Fundamentals of Quantitative Research and Statistics

What is Quantitative Research?

Quantitative research is a systematic approach to the collection and analysis of numerical data designed to describe, explain, and predict phenomena. Quantitative methods are based on the measurement of variables and the use of statistical tools to identify patterns and test hypotheses.

Key Characteristics:

Use of numerical data
Statistical analysis
Striving for objectivity and generalizability
Testing of pre-formulated hypotheses (deductive approach)
Large samples to ensure representativeness

Types of Data

Understanding data types is critical, as the data type determines which statistical methods can be applied.

Nominal Data

Categories without order. Examples: gender (male/female), nationality, company type (private/public), industry.

Permissible operations: counting frequencies, mode
Not allowed: ranking, calculating the mean

Ordinal Data

Categories with a certain order, but without equal intervals. Examples: education level (secondary/bachelor's/master's/PhD), Likert scale (1 = strongly disagree ... 5 = strongly agree), job level.

Permissible operations: median, quartiles, rank correlation
Not allowed: claiming that the difference between 1 and 2 is the same as between 3 and 4

Interval Data

Numerical data with equal intervals, but no absolute zero. Examples: temperature in Celsius, dates, IQ.

Permissible operations: mean, standard deviation, Pearson correlation
Not allowed: saying that 40°C is "twice as hot" as 20°C

Ratio Data

Numerical data with an absolute zero. Examples: income, age, number of employees, revenue.

Permissible operations: all statistical operations, including proportions
Permitted: stating that an income of 100,000 rubles is twice as much as 50,000 rubles

Descriptive Statistics

Measures of Central Tendency

Arithmetic mean (Mean) — the sum of all values divided by their number.

Formula: x̄ = Σx / n
Sensitive to outliers
Suitable for interval and ratio data

Median — the value that divides the ordered data set in half.

Not sensitive to outliers
Suitable for ordinal and higher data types

Mode — the most frequently occurring value.

Can be applied to all types of data, including nominal

Example Calculation

Salary data for 7 employees (thousand rubles): 30, 35, 40, 42, 45, 50, 200

Mean: (30+35+40+42+45+50+200) / 7 = 63.1 thousand rubles
Median: 42 thousand rubles (the central value)
Mode: none (all values are unique)

Note: the mean (63.1) is heavily inflated by the outlier (200). The median (42) better reflects the typical salary.

Measures of Dispersion (Variability)

Range — the difference between the maximum and minimum values.

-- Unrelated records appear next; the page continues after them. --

-- ===== src/ContextSwitch/X86/Resume.antt =====
-- What a switch saves and what a later switch back finds again, on x86-64.
use code_study_example.ContextSwitch.Memory.{
  store, store_words, load_words, load-store_words, load-store_disjoint, load_words_cong,
}
use code_study_example.ContextSwitch.X86.{
  rbx, rbp, rsp, rdi, rsi, r12, r13, r14, r15, Cpu, Context, words, saved, run, context_switch,
  stack_size, fake_stack, call,
}
use code_study_example.Shared.{ℕ, ◌+◌, ◌-◌, ◌%◌, ◌≤◌, ◌<◌, ◌≡◌, refl, ◌∙◌, ◌⊎◌, arith}

-- The two `Context` objects, of 8 words each, do not overlap.
abbrev pub Apart : ℕ → ℕ → Type 0
Apart a b = (a + 64 ≤ b) ⊎ (b + 64 ≤ a)

-- A context does not overlap the word at the address `p`.
abbrev pub Clear : ℕ → ℕ → Type 0
Clear a p = (a + 64 ≤ p) ⊎ (p + 8 ≤ a)

-- The first seven stores leave the word on top of the stack alone.
return_word :
    (c : Cpu)
    → Clear (c.regs rdi) (c.regs rsp)
    → store
        (c.regs rdi + 48)
        (c.regs rsp)
        (store (c.regs rdi + 40) (c.regs r15) (
          store (c.regs rdi + 32) (c.regs r14) (
            store (c.regs rdi + 24) (c.regs r13) (
              store (c.regs rdi + 16) (c.regs r12) (
                store (c.regs rdi + 8) (c.regs rbp) (store (c.regs rdi + 0) (c.regs rbx) c.mem))))))
        (c.regs rsp + 0)
      ≡ c.mem (c.regs rsp)
unfolding store
return_word c h = ground arith

switch-mem :
    (c : Cpu)
    → Clear (c.regs rdi) (c.regs rsp)
    → (run context_switch c).mem
      ≡ store_words (c.regs rdi) 0 (saved c.regs (c.mem (c.regs rsp))) c.mem
unfolding run context_switch store_words
switch-mem c h = rw (return_word c h)

switch-saved :
    (c : Cpu)
    → saved (run context_switch c).regs (run context_switch c).rip
      ≡ load_words 8 (c.regs rsi) 0 (run context_switch c).mem
unfolding run context_switch load_words
switch-saved c = refl

-- What the switch wrote is the register set that it found, with the return address.
switch_saves :
    (c : Cpu)
    → Clear (c.regs rdi) (c.regs rsp)
    → load_words 8 (c.regs rdi) 0 (run context_switch c).mem ≡ saved c.regs (c.mem (c.regs rsp))
switch_saves c h = rw (switch-mem c h) (load-store_words (c.regs rdi) 0 _ c.mem)

-- What it read is what lay at `to` before, if the two contexts are apart.
switch_loads :
    (c : Cpu)
    → Clear (c.regs rdi) (c.regs rsp)
    → Apart (c.regs rdi) (c.regs rsi)
    → saved (run context_switch c).regs (run context_switch c).rip
      ≡ load_words 8 (c.regs rsi) 0 c.mem
switch_loads c clear h =
    switch-saved c
    ∙ rw (switch-mem c clear) (
        load-store_disjoint (c.regs rdi) (c.regs rsi) 8 0 (saved c.regs (c.mem (c.regs rsp))) c.mem
          (omega arith))

-- A function that calls the switch is, once it has been switched back to with its saved context
-- untouched in between, at the return address of its call with the registers that a callee must
-- keep as they were. But the switch does not take that address off the stack: the stack pointer
-- stays 8 bytes below the value that it had before the call.
pub resume_loses_8_bytes :
    (c e : Cpu) (ret : ℕ)
    → 8 ≤ c.regs rsp
    → Clear (c.regs rdi) (c.regs rsp - 8)
    → e.regs rsi ≡ c.regs rdi
    → Clear (e.regs rdi) (e.regs rsp)
    → Apart (e.regs rdi) (c.regs rdi)
    → ((p : ℕ)
        → c.regs rdi ≤ p
        → p < c.regs rdi + 64
        → e.mem p ≡ (run context_switch (call ret c)).mem p)
    → let f = run context_switch e in
      (f.rip ≡ ret)
      × (f.regs rbx ≡ c.regs rbx)
      × (f.regs rbp ≡ c.regs rbp)
      × (f.regs r12 ≡ c.regs r12)
      × (f.regs r13 ≡ c.regs r13)
      × (f.regs r14 ≡ c.regs r14)
      × (f.regs r15 ≡ c.regs r15)
      × (f.regs rsp + 8 ≡ c.regs rsp)
unfolding call
resume_loses_8_bytes c e ret room clear back clear_e apart untouched = ground (arith, same)
  where
    same :
        saved (run context_switch e).regs (run context_switch e).rip ≡ saved (call ret c).regs ret
    same =
        switch_loads e clear_e (rw back apart)
        ∙ rw back (
            load_words_cong (c.regs rdi) 8 0 e.mem (run context_switch (call ret c)).mem
              (λ p l u. untouched p (omega arith) (omega arith)))
        ∙ switch_saves (call ret c) clear
        ∙ ground arith

-- The first switch to a context that `fake_stack` prepared enters `coroutine_entry` with a null
-- frame pointer and a stack pointer that lies in the coroutine's own stack, at most 23 bytes under
-- its end, and is 8 below a multiple of 16, as after a `call`.
pub fake_stack_enters_on_x86 :
    (c : Cpu) (ctx : Context) (entry stack : ℕ)
    → Clear (c.regs rdi) (c.regs rsp)
    → Apart (c.regs rdi) (c.regs rsi)
    → load_words 8 (c.regs rsi) 0 c.mem ≡ words (fake_stack entry stack ctx)
    → let d = run context_switch c in
      (d.rip ≡ entry)
      × (d.regs rbp ≡ 0)
      × ((d.regs rsp + 8) % 16 ≡ 0)
      × (stack + stack_size ≤ d.regs rsp + 23)
      × (d.regs rsp + 8 ≤ stack + stack_size)
unfolding fake_stack
fake_stack_enters_on_x86 c ctx entry stack clear apart prepared =
    ground (arith, switch_loads c clear apart ∙ prepared)
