-- ===== src/ContextSwitch/Examples/X86Runs.antt =====
-- The x86-64 routine of cpp/cppcoro/context_switch.h at concrete addresses.
use code_study_example.ContextSwitch.X86.{
  rbx, rbp, rsp, rdi, rsi, r12, r13, r14, r15, reg_no, set_reg, Cpu, Context, words, run,
  context_switch, fake_stack, call,
}
use code_study_example.ContextSwitch.X86.Resume.{resume_loses_8_bytes}
use code_study_example.ContextSwitch.Memory.{store_words}
use code_study_example.Shared.{◌+◌, ◌*◌, ◌%◌, ◌≡◌, refl, inl, inr, arith}

-- The caller of the switch: its context lies at 1000, the other one at 2000, its stack at 9000.
abbrev caller_cpu : Cpu
caller_cpu = record {
  regs = set_reg rsp 9000 (set_reg rdi 1000 (set_reg rsi 2000 (λ r. 100 * reg_no r)));
  mem = λ p. p % 7;
  rip = 5;
}

-- The other side, about to switch back.
abbrev other_cpu : Cpu
other_cpu = record {
  regs = set_reg rsp 7000 (set_reg rdi 2000 (set_reg rsi 1000 (λ r. 3 * reg_no r)));
  mem = (run context_switch (call 55 caller_cpu)).mem;
  rip = 9;
}

abbrev fresh_context : Context
fresh_context = record { rbx = 0; rbp = 0; r12 = 0; r13 = 0; r14 = 0; r15 = 0; rsp = 0; rip = 0 }

abbrev starting_cpu : Cpu
starting_cpu = record caller_cpu {
  mem = store_words 2000 0 (words (fake_stack 77 4099 fresh_context)) (λ p. 0);
}

resume_loses_8_bytes_example :
    let f = run context_switch other_cpu in
    (f.rip ≡ 55)
    × (f.regs rbx ≡ 300)
    × (f.regs rbp ≡ 500)
    × (f.regs r12 ≡ 1200)
    × (f.regs r13 ≡ 1300)
    × (f.regs r14 ≡ 1400)
    × (f.regs r15 ≡ 1500)
    × (f.regs rsp + 8 ≡ 9000)
resume_loses_8_bytes_example =
    resume_loses_8_bytes caller_cpu other_cpu 55 (omega arith) (inl (omega arith)) refl
      (inl (omega arith)) (inr (omega arith)) (λ p l u. refl)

Range = Max − Min = 200 − 30 = 170

Variance — the average squared deviation from the mean.

Formula: s² = Σ(x − x̄)² / (n − 1)

Standard Deviation — the square root of the variance.

Formula: s = √s²
Interpretation: the larger the standard deviation, the greater the spread of the data around the mean

Normal Distribution

The normal (Gaussian) distribution is a bell-shaped curve, symmetrical about the mean. In a normal distribution:

68% of data lie within ±1 standard deviation from the mean
95% — within ±2 standard deviations
99.7% — within ±3 standard deviations

Many statistical tests assume a normal distribution of data.

Graphical Presentation of Data

Bar Chart — for nominal and ordinal data. Shows the frequency of each category.

Histogram — for continuous numerical data. Shows the distribution of values by intervals.

Pie Chart — for displaying category proportions in a whole. Use with caution: for a large number of categories the chart becomes unreadable.

Scatter Plot — for visualizing the relationship between two numerical variables.

Box Plot — displays the median, quartiles, range, and outliers. Very useful for comparing distributions.

Practical Assignments

Assignment 1

Question: Determine the data type for each variable: a) Number of employees in a company
b) Satisfaction level (1-5)
c) Company industry (IT, finance, manufacturing)
d) Company revenue in rubles
e) Office temperature

Solution: a) Ratio data — there is an absolute zero (0 employees); it makes sense to say "twice as many" b) Ordinal — there is order (5 > 4 > 3), but it cannot be claimed that the difference between 1 and 2 equals the difference between 4 and 5 c) Nominal — categories without internal order d) Ratio data — absolute zero, proportions can be calculated e) Interval — equal intervals, but 0°C does not mean "absence of temperature"

Assignment 2

Question: Calculate the mean, median, and mode for the following data set (number of errors in reports): 2, 3, 3, 5, 7, 3, 8, 12, 4

Solution:

Order the data: 2, 3, 3, 3, 4, 5, 7, 8, 12
Mean: (2+3+3+3+4+5+7+8+12) / 9 = 47/9 = 5.22
Median: 9 values → the middle (5th): 4
Mode: value 3 occurs 3 times (most frequently): 3

Interpretation: the mean (5.22) is increased due to the outlier (12). The median (4) and mode (3) better characterize the typical number of errors. The distribution is skewed to the right (positively skewed).